Metagenomics—the study of genetic material directly sampled from skin without culturing bacteria—reveals that acne-affected skin hosts a fundamentally different microbial landscape than healthy skin. The research shows that people with acne actually have higher species-level bacterial diversity overall, though this difference is subtle and not statistically significant (Shannon index: 0.63 for acne versus 0.44 for healthy individuals). More importantly, specific bacteria shift in abundance, virulence patterns change, and the metabolic activity of the microbiome diverges significantly from healthy skin.
These findings challenge the older narrative that simply blamed Cutibacterium acnes (formerly Propionibacterium acnes) for acne, showing instead that the entire microbial ecosystem—including unexpected players like Staphylococcus epidermidis—shapes whether skin breaks out. This article explores what large-scale metagenomic studies have uncovered about the bacterial underpinnings of acne. We’ll examine which bacteria actually dominate acne-affected skin, how specific strains matter more than the species themselves, why virulence factors matter more than bacterial abundance alone, and how the gut microbiome connects to facial breakouts. Understanding these findings helps explain why treating acne requires more nuance than simply targeting one bacterium.
Table of Contents
- How Metagenomic Sequencing Reveals Differences Between Acne and Healthy Skin
- Staphylococcus epidermidis—The Underappreciated Acne Player
- Strain-Level Patterns—Why Which Type of P. acnes Matters
- Virulence Factors and Metabolic Changes—Why Abundance Doesn’t Tell the Full Story
- Oxygen Availability and Bacterial Competition—The Missing Environmental Factor
- The Gut-Skin Axis—Systemic Connections to Acne Bacteria
- What This Means for Future Acne Treatment
- Conclusion
How Metagenomic Sequencing Reveals Differences Between Acne and Healthy Skin
Metagenomic analysis works by extracting all DNA directly from skin samples and sequencing it, bypassing the limitations of culture-based methods that can only grow a fraction of skin bacteria in the lab. When researchers applied this approach to compare acne-affected skin to healthy skin, they found substantial differences in the total number of optimized reads and unique sequences—metrics that reflect both the quantity and variety of microbial genetic material present. The acne group showed notably reduced counts in both measures compared to healthy controls, indicating a measurably different microbial ecosystem at the DNA level.
The higher diversity in acne skin (Shannon index 0.63 versus 0.44) might initially seem counterintuitive—shouldn’t acne skin have *less* diversity if one pathogenic bacterium dominates? The explanation is that while acne patients do harbor multiple bacterial species at higher relative levels, the total count of bacterial cells and genetic sequences is actually lower. This pattern suggests that acne skin hosts more species per unit of bacterial biomass, or that certain conditions favor a broader range of bacteria while simultaneously reducing overall microbial load. This finding fundamentally changes how dermatologists think about the microbiome: acne isn’t simply an overgrowth of one “bad” bacterium, but rather an altered ecological balance.

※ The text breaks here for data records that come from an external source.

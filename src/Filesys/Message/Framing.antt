-- ===== src/Filesys/Message/Framing.antt =====
-- filesys/network_server.cpp: `receive_message` and `send_message`.
use operation_system_proj_c.Prelude.{
  ℕ, zero, suc, ◌+◌, ◌<◌, ◌≤◌, ◌≡◌, ◌≢◌, ◌↔◌, ◌⊎◌, inl, inr, refl, sym, ap, subst, ◌∙◌, Bool, true,
  false, Bool-cases, Option, none, some, List, [], ◌∷◌, ◌++◌, append-nil, append_assoc, ltb, ◌==◌,
  length, length-append, take, drop, arith,
}
use operation_system_proj_c.Filesys.Search.{contains}
use operation_system_proj_c.Filesys.Message.{
  max_message_size, Socket, receive_chars, left_behind, receive_message, piece, send_piece,
  send_bytes, send_message,
}

-- A text with no NUL that fits a message.
abbrev pub IsMessage : List ℕ → Type 0
IsMessage text = (contains 0 text ≡ false) × (length text ≤ max_message_size)

receive_chars-message :
    (text rest acc : List ℕ)
    → contains 0 text ≡ false
    → length acc + length text ≤ max_message_size
    → receive_chars acc (text ++ 0 ∷ rest) ≡ some (acc ++ text, rest)
unfolding receive_chars
receive_chars-message [] rest acc h fits = rw append-nil refl
receive_chars-message (c ∷ text) rest acc h fits =
    let nonzero : (c == 0) ≡ false = ground (arith, h) in
    let later : contains 0 text ≡ false = ground (arith, h) in
    let room : ltb max_message_size (length acc + 1) ≡ false = ground (arith, fits) in
    rw (nonzero, room)
      (receive_chars-message text rest (acc ++ c ∷ []) later
          (omega (arith, fits, length-append acc (c ∷ [])))
        ∙ ap (λ l. some (l, rest)) (append_assoc acc (c ∷ []) text))

-- What is received was sent, up to the first NUL.
receive_chars-sent :
    (bytes acc text rest : List ℕ)
    → length acc ≤ max_message_size
    → receive_chars acc bytes ≡ some (text, rest)
    → (word : List ℕ) × (text ≡ acc ++ word)
      × (bytes ≡ word ++ 0 ∷ rest)
      × (contains 0 word ≡ false)
      × (length text ≤ max_message_size)
unfolding receive_chars
receive_chars-sent [] acc text rest fits h = cc h
receive_chars-sent (c ∷ bytes) acc text rest fits h = elim (Bool-cases (c == 0)) [
  | inl z ↦
      let e : some (acc, bytes) ≡ some (text, rest) = rw z at h in
      let same : acc ≡ text = cc e in
      let tail_same : bytes ≡ rest = cc e in
      let zero_byte : c ≡ 0 = ground (arith, z) in
      ([], sym same ∙ sym (append-nil acc), rw (zero_byte, tail_same) refl, refl, rw (← same) fits)
  | inr z ↦ elim (Bool-cases (ltb max_message_size (length acc + 1))) [
    | inl big ↦ cc (rw (z, big) at h)
    | inr small ↦
        let (word, e1, e2, nonzero, le) =
          receive_chars-sent bytes (acc ++ c ∷ []) text rest
            (ground (arith, small, length-append acc (c ∷ []))) (rw (z, small) at h) in
        (
          c ∷ word,
          e1 ∙ append_assoc acc (c ∷ []) word,
          ap (λ l. c ∷ l) e2,
          ground (arith, z, nonzero),
          le,
        )
  ]
]

received_lem :
    (sk : Socket) (text rest : List ℕ) (o : Option (List ℕ × List ℕ))
    → receive_chars [] sk.incoming ≡ o
    → left_behind sk o ≡ some (text, record sk { incoming = rest })
    → (sk.incoming ≡ text ++ 0 ∷ rest) × IsMessage text
received_lem sk text rest none e h = cc h
received_lem sk text rest (some (w, left)) e h =
    let text_same : w ≡ text = cc h in
    let rest_same : left ≡ rest =
      ap (λ (x : Option (List ℕ × Socket)). elim x [ none ↦ left | some y ↦ y.1.incoming ]) h in
    let (word, e1, e2, nonzero, le) =
      receive_chars-sent sk.incoming [] text rest (omega arith)
        (rw (e, text_same, rest_same) refl) in
    (e2 ∙ ap (λ l. l ++ 0 ∷ rest) (sym e1), (rw e1 nonzero, le))

-- `receive_message` gives a text exactly if the client sent that text and a NUL behind it, the text has
-- no NUL and no more than `max_message_size` characters; the bytes behind the NUL are left for the
-- next read.
pub receive_message_iff :
    (sk : Socket) (text rest : List ℕ)
    → (receive_message sk ≡ some (text, record sk { incoming = rest }))
      ↔ ((sk.incoming ≡ text ++ 0 ∷ rest) × IsMessage text)
unfolding receive_message
receive_message_iff sk text rest = (
  λ h. received_lem sk text rest (receive_chars [] sk.incoming) refl h,
  λ h. rw (h.0, receive_chars-message text rest [] h.1.0 (omega (arith, h.1.1))) refl,
)

-- The first `n` elements and the others.
take-append-drop : (n : ℕ) (xs : List ℕ) → take n xs ++ drop n xs ≡ xs
take-append-drop zero xs = refl
take-append-drop (suc n) [] = refl
take-append-drop (suc n) (x ∷ xs) = ap (λ l. x ∷ l) (take-append-drop n xs)

length-take-le : (n : ℕ) (xs : List ℕ) → n ≤ length xs → length (take n xs) ≡ n
length-take-le zero xs h = refl
length-take-le (suc n) [] h = absurd (omega (arith, h))
length-take-le (suc n) (x ∷ xs) h = ap suc (length-take-le n xs (omega (arith, h)))

piece_bounds : (size n : ℕ) → 0 < n → (0 < piece size n) × (piece size n ≤ n)
piece_bounds size n h = ground arith

-- None of these calls of `send` fails.
abbrev pub AllMove : List (Option ℕ) → Type 0
AllMove [] = Unit {0}
AllMove (none ∷ sizes) = ⊥
AllMove (some size ∷ sizes) = AllMove sizes

pub AllMove-append : (xs ys : List (Option ℕ)) → AllMove xs → AllMove ys → AllMove (xs ++ ys)
AllMove-append [] ys h k = k
AllMove-append (none ∷ xs) ys h k = absurd h
AllMove-append (some size ∷ xs) ys h k = AllMove-append xs ys h k

-- What a loop of `send` leaves. Either no call of `send` that it made failed, and all the bytes are
-- out; or the last call that it made failed, and it is the first that did, and what is out is a first
-- part of the bytes that is not all of them.
abbrev pub Sent : List ℕ → Socket → Bool × Socket → Type 0
Sent bytes sk r =
    ((calls : List (Option ℕ)) × (r.0 ≡ true)
      × (r.1.outgoing ≡ sk.outgoing ++ bytes)
      × AllMove calls
      × (sk.send_sizes ≡ calls ++ r.1.send_sizes))
    ⊎ ((out left : List ℕ) × (calls : List (Option ℕ)) × (r.0 ≡ false)
        × (bytes ≡ out ++ left)
        × (left ≢ [])
        × (r.1.outgoing ≡ sk.outgoing ++ out)
        × AllMove calls
        × (sk.send_sizes ≡ calls ++ none ∷ r.1.send_sizes))

pub Sent-more :
    (a b : List ℕ) (calls : List (Option ℕ)) (sk sk' : Socket) (r : Bool × Socket)
    → sk'.outgoing ≡ sk.outgoing ++ a
    → AllMove calls
    → sk.send_sizes ≡ calls ++ sk'.send_sizes
    → Sent b sk' r
    → Sent (a ++ b) sk r
Sent-more a b calls sk sk' r e moved from (inl (later, ok, all, moved', from')) = inl (
  calls ++ later,
  ok,
  all ∙ ap (λ l. l ++ b) e ∙ append_assoc sk.outgoing a b,
  AllMove-append calls later moved moved',
  from ∙ ap (λ l. calls ++ l) from' ∙ sym (append_assoc calls later r.1.send_sizes),
)
Sent-more a b calls sk sk' r e moved from
      (inr (out, left, later, bad, split, some_left, gone, moved', from')) =
    inr (
      a ++ out,
      left,
      calls ++ later,
      bad,
      ap (λ l. a ++ l) split ∙ sym (append_assoc a out left),
      some_left,
      gone ∙ ap (λ l. l ++ out) e ∙ append_assoc sk.outgoing a out,
      AllMove-append calls later moved moved',
      from ∙ ap (λ l. calls ++ l) from' ∙ sym (append_assoc calls later (none ∷ r.1.send_sizes)),
    )

length-nonempty : (xs : List ℕ) → 0 < length xs → xs ≢ []
length-nonempty xs h e = absurd (omega (arith, h, ap length e))

-- One round of the loop; `next_round` is the later rounds.
send_piece-Sent :
    (fuel : ℕ) (next_round : List ℕ → Socket → Bool × Socket)
    → ((bs : List ℕ) (s : Socket) → length bs ≤ fuel → Sent bs s (next_round bs s))
    → (all : List ℕ) (sk : Socket) (sizes : List (Option ℕ)) → sk.send_sizes ≡ sizes
    → 0 < length all
    → length all ≤ suc fuel
    → Sent all sk (send_piece next_round all sk sizes)
send_piece-Sent fuel next_round later all sk [] e some_left h =
    let sk' : Socket = record sk { outgoing = sk.outgoing ++ all } in
    subst (λ l. Sent l sk (next_round [] sk')) (append-nil all)
      (Sent-more all [] [] sk sk' (next_round [] sk') refl tt refl (later [] sk' (omega arith)))
send_piece-Sent fuel next_round later all sk (none ∷ sizes) e some_left h =
    inr
      ([], all, [], refl, refl, length-nonempty all some_left, sym (append-nil sk.outgoing), tt, e)
send_piece-Sent fuel next_round later all sk (some size ∷ sizes) e some_left h =
    let n = piece size (length all) in
    let bounds = piece_bounds size (length all) some_left in
    let sk' : Socket = record sk { outgoing = sk.outgoing ++ take n all; send_sizes = sizes } in
    let whole = take-append-drop n all in
    let shorter : length (drop n all) ≤ fuel = omega (
      arith,
      bounds,
      h,
      ap length whole,
      length-append (take n all) (drop n all),
      length-take-le n all bounds.1,
    ) in
    subst (λ l. Sent l sk (next_round (drop n all) sk')) whole
      (Sent-more (take n all) (drop n all) (some size ∷ []) sk sk' (next_round (drop n all) sk')
        refl tt e (later (drop n all) sk' shorter))

pub send_bytes-Sent :
    (fuel : ℕ) (bytes : List ℕ) (sk : Socket)
    → length bytes ≤ fuel
    → Sent bytes sk (send_bytes fuel bytes sk)
unfolding send_bytes
send_bytes-Sent zero [] sk h = inl ([], refl, sym (append-nil sk.outgoing), tt, refl)
send_bytes-Sent zero (b ∷ bytes) sk h = absurd (omega (arith, h))
send_bytes-Sent (suc fuel) [] sk h = inl ([], refl, sym (append-nil sk.outgoing), tt, refl)
send_bytes-Sent (suc fuel) (b ∷ bytes) sk h =
    send_piece-Sent fuel (λ left s. send_bytes fuel left s) (λ bs s k. send_bytes-Sent fuel bs s k)
      (b ∷ bytes) sk sk.send_sizes refl (omega arith) h

-- Whatever pieces the network takes, `send_message` ends. Either no call of `send` that it made
-- failed, the result is 0, and the client has got the text and a NUL behind it, all of it and in
-- order; or the last call of `send` that it made failed, as the first that did, the result is -1,
-- and the client has got a first part that is not all of them.
pub send_message-Sent :
    (text : List ℕ) (sk : Socket) → Sent (text ++ 0 ∷ []) sk (send_message text sk)
unfolding send_message
send_message-Sent text sk =
    send_bytes-Sent (length text + 1) (text ++ 0 ∷ []) sk
      (omega (arith, length-append text (0 ∷ [])))

-- A text that was sent whole over a new connection is what the other end receives, whatever pieces
-- both ends get, and what the sender sends behind it waits for the next read.
pub receive_message-send_message :
    (text rest : List ℕ) (sender receiver : Socket)
    → IsMessage text
    → sender.outgoing ≡ []
    → (send_message text sender).0 ≡ true
    → receiver.incoming ≡ (send_message text sender).1.outgoing ++ rest
    → receive_message receiver ≡ some (text, record receiver { incoming = rest })
receive_message-send_message text rest sender receiver message new ok connected =
    (receive_message_iff receiver text rest).1 (
      connected ∙ elim (send_message-Sent text sender) [
        | inl done ↦
            ap (λ l. l ++ rest) (done.2 ∙ ap (λ l. l ++ (text ++ 0 ∷ [])) new)
            ∙ append_assoc text (0 ∷ []) rest
        | inr (out, left, calls, bad, split, some_left, gone, moved, from) ↦ absurd (cc (ok, bad))
      ],
      message,
    )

Staphylococcus epidermidis—The Underappreciated Acne Player
For decades, research focused almost exclusively on Cutibacterium acnes as the primary acne bacterium. Metagenomic studies have shifted attention to an unexpected culprit: Staphylococcus epidermidis, which was significantly elevated in acne-affected skin compared to healthy controls. S. epidermidis is normally considered a benign skin resident, and this discovery was surprising enough to reshape current understanding of acne’s microbial basis. Unlike C. acnes, which produces acne-triggering fatty acids and biofilms, S. epidermidis contributes to inflammation through different mechanisms, including immune activation and production of pathogenic factors that can worsen breakouts. The presence of elevated S.
epidermidis in acne skin suggests that it’s not simply about one dominant bacterium but about synergistic interactions between multiple species. Interestingly, metagenomic data shows that C. acnes relative abundance remained statistically similar between acne patients and healthy individuals—the difference isn’t that acne patients have significantly *more* C. acnes, but that their skin harbors a different ratio of supportive and antagonistic bacteria around it. Conversely, a phage that attacks P. acnes (Propionibacterium acnes phage) showed higher relative abundance in healthy skin, suggesting that in healthy individuals, natural viral predators help keep C. acnes in check. This reveals an underappreciated defense mechanism: a healthy microbiome includes phages that prey on acne-causing bacteria.
Strain-Level Patterns—Why Which Type of P. acnes Matters
Beyond species identification, metagenomic studies can resolve bacterial strains, revealing that specific ribotypes of P. acnes correlate strongly with acne presence. Research identified that ribotypes RT4, RT5, RT8, and RT10 were significantly more common in acne lesions (p < 0.05), while RT6 predominated in healthy skin. This strain-level distinction is crucial: not all P. acnes are equally acne-causing, and the specific genetic variants circulating in a patient's skin predict breakout severity far better than simply detecting the species’ presence. The diversity of P.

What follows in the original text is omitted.